- MATERIAL PROVIDED:
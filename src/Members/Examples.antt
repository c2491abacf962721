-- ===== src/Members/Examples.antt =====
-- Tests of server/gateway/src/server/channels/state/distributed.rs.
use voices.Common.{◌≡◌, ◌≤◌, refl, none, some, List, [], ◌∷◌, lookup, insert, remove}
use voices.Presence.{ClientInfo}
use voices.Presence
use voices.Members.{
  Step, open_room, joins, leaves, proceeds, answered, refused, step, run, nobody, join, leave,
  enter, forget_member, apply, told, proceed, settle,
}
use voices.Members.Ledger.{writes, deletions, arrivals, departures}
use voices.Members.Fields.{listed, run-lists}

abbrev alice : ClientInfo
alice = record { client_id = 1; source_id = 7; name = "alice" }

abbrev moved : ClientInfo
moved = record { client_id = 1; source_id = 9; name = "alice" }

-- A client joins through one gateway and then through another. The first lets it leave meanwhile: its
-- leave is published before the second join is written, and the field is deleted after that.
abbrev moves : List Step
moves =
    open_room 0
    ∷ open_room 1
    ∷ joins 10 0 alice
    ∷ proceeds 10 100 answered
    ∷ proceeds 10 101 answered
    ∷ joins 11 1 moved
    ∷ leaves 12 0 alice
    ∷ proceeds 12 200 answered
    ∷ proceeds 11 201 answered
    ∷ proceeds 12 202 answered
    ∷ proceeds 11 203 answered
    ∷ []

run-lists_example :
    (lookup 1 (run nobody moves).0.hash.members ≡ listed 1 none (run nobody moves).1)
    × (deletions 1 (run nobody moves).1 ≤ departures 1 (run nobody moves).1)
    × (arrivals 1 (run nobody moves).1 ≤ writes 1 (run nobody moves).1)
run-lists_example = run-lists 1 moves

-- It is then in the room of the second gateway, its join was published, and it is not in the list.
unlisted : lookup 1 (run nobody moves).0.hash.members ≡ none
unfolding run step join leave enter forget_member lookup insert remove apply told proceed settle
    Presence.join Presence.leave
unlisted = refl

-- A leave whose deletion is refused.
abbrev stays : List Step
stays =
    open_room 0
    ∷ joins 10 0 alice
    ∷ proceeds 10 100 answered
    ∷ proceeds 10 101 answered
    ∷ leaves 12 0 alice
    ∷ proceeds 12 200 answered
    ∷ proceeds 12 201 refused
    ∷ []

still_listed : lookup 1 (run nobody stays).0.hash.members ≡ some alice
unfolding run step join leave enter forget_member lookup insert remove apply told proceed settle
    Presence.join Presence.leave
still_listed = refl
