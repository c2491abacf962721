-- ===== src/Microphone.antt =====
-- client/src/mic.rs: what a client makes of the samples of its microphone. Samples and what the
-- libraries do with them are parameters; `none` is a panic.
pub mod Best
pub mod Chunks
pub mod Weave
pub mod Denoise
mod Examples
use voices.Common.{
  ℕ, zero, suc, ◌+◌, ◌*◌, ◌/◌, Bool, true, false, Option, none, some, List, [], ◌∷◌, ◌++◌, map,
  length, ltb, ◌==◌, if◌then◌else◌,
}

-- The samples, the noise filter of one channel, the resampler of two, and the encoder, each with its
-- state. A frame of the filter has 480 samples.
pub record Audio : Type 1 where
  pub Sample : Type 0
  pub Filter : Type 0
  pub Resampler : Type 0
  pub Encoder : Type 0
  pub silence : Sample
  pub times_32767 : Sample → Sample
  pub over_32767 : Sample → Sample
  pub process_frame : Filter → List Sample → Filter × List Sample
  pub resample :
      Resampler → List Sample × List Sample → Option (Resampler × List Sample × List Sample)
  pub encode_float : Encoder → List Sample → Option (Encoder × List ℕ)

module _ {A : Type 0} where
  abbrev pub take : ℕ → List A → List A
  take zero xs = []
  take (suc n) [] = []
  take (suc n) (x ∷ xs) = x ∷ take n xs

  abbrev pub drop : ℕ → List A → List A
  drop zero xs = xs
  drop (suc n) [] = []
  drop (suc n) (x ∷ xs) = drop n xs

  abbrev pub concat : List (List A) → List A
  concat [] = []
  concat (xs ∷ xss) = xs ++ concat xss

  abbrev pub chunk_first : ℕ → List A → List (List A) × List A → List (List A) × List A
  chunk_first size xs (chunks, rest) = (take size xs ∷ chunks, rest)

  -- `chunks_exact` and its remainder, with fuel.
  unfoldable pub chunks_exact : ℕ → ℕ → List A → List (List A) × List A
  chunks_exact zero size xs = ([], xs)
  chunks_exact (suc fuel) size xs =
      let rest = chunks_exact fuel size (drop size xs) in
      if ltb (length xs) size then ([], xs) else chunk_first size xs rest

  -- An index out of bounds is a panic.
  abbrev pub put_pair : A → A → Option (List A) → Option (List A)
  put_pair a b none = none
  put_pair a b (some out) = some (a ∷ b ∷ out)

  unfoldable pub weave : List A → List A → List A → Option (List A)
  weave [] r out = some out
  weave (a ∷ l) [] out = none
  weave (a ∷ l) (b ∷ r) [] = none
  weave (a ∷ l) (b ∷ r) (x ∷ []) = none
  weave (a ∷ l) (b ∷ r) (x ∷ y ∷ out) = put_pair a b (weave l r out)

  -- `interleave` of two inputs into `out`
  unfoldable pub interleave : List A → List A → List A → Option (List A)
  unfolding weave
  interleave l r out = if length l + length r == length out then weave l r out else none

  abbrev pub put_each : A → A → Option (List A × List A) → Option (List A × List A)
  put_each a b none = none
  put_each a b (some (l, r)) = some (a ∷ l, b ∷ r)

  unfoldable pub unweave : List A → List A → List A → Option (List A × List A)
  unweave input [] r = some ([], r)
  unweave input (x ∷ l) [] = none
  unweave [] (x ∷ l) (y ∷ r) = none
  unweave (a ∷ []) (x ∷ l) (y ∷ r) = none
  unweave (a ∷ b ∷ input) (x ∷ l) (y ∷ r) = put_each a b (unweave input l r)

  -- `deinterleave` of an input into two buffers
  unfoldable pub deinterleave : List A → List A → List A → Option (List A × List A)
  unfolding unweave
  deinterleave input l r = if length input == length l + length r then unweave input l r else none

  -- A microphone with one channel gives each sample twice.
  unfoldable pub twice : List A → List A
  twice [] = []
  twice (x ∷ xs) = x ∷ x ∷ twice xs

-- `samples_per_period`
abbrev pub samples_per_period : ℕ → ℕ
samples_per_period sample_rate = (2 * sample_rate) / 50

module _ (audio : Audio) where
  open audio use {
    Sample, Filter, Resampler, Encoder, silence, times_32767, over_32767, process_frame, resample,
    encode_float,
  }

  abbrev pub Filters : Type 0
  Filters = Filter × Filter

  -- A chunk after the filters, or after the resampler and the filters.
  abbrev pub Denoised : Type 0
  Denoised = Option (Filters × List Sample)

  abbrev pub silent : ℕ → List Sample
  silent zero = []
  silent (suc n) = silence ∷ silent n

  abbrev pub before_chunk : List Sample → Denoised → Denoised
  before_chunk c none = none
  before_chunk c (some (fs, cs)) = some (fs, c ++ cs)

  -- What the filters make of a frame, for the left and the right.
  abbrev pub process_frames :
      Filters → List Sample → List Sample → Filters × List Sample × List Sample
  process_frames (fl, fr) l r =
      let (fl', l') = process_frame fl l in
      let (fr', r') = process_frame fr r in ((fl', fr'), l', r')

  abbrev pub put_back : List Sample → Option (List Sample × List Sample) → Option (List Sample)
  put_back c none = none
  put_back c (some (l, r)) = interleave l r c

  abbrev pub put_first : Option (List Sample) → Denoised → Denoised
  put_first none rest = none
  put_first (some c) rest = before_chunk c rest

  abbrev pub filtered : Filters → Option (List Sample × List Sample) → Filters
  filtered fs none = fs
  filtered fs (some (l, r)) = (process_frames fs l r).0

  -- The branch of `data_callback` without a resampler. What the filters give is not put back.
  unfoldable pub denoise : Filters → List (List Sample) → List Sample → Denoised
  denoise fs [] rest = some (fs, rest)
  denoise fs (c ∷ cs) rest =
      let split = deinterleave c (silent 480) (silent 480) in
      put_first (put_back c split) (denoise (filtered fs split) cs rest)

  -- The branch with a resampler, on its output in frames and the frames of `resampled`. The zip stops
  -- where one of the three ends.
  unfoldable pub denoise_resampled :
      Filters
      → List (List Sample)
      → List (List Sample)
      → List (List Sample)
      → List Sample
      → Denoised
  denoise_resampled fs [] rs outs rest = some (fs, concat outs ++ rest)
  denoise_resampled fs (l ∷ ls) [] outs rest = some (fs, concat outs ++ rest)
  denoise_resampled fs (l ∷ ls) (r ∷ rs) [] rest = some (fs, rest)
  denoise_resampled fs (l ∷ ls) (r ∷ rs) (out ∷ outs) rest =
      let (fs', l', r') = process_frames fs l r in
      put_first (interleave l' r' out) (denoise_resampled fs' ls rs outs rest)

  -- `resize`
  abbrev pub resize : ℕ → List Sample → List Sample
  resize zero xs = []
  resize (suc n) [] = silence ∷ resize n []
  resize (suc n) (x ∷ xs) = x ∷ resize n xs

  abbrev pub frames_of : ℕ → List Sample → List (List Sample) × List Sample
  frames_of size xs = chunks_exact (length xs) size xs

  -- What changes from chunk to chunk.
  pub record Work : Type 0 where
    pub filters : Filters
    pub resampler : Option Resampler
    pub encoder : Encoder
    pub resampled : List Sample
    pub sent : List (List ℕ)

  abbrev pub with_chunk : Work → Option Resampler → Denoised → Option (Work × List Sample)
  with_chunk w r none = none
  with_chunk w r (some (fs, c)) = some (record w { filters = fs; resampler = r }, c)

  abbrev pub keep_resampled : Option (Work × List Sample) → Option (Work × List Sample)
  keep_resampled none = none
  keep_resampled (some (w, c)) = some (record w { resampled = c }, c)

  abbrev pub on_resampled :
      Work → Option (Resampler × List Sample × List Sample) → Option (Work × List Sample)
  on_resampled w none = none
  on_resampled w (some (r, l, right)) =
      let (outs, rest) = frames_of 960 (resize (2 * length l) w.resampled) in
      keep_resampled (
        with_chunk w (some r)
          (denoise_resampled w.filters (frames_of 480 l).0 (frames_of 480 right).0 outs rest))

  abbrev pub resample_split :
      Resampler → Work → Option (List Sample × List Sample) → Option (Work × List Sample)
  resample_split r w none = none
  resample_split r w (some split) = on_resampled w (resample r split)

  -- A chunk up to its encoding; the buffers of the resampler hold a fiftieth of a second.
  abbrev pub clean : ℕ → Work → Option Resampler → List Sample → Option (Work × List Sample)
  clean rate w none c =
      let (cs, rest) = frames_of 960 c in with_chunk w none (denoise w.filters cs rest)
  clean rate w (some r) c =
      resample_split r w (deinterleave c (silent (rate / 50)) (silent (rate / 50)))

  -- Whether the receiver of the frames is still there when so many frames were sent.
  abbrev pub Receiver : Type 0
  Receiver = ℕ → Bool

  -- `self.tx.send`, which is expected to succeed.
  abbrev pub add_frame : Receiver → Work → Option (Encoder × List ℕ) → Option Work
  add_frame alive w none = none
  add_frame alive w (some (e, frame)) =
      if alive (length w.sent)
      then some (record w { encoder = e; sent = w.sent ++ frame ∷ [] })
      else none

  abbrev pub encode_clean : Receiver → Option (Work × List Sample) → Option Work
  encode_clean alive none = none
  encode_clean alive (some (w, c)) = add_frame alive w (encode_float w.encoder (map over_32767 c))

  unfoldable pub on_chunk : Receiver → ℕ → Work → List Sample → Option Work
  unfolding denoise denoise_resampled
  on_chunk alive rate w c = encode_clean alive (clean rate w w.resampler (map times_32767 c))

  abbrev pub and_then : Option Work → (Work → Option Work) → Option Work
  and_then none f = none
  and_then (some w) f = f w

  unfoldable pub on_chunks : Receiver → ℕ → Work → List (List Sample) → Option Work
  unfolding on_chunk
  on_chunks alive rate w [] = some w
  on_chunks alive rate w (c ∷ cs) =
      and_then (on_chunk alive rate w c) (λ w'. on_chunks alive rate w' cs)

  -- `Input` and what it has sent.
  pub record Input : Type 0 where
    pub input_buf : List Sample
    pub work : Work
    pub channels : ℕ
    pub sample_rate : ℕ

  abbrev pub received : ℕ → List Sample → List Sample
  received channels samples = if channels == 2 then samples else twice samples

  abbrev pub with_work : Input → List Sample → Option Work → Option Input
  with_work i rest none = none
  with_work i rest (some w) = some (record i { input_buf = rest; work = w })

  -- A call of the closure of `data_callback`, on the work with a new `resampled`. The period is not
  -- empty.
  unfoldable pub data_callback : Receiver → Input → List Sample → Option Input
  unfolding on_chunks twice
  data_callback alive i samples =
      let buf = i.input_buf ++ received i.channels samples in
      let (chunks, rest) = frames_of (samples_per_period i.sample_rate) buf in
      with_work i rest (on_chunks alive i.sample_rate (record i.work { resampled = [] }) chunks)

- BRIEF:
Count the lines above that contain the word "arrivals", and reply with only that number.

- FINISHED EXERCISE:
2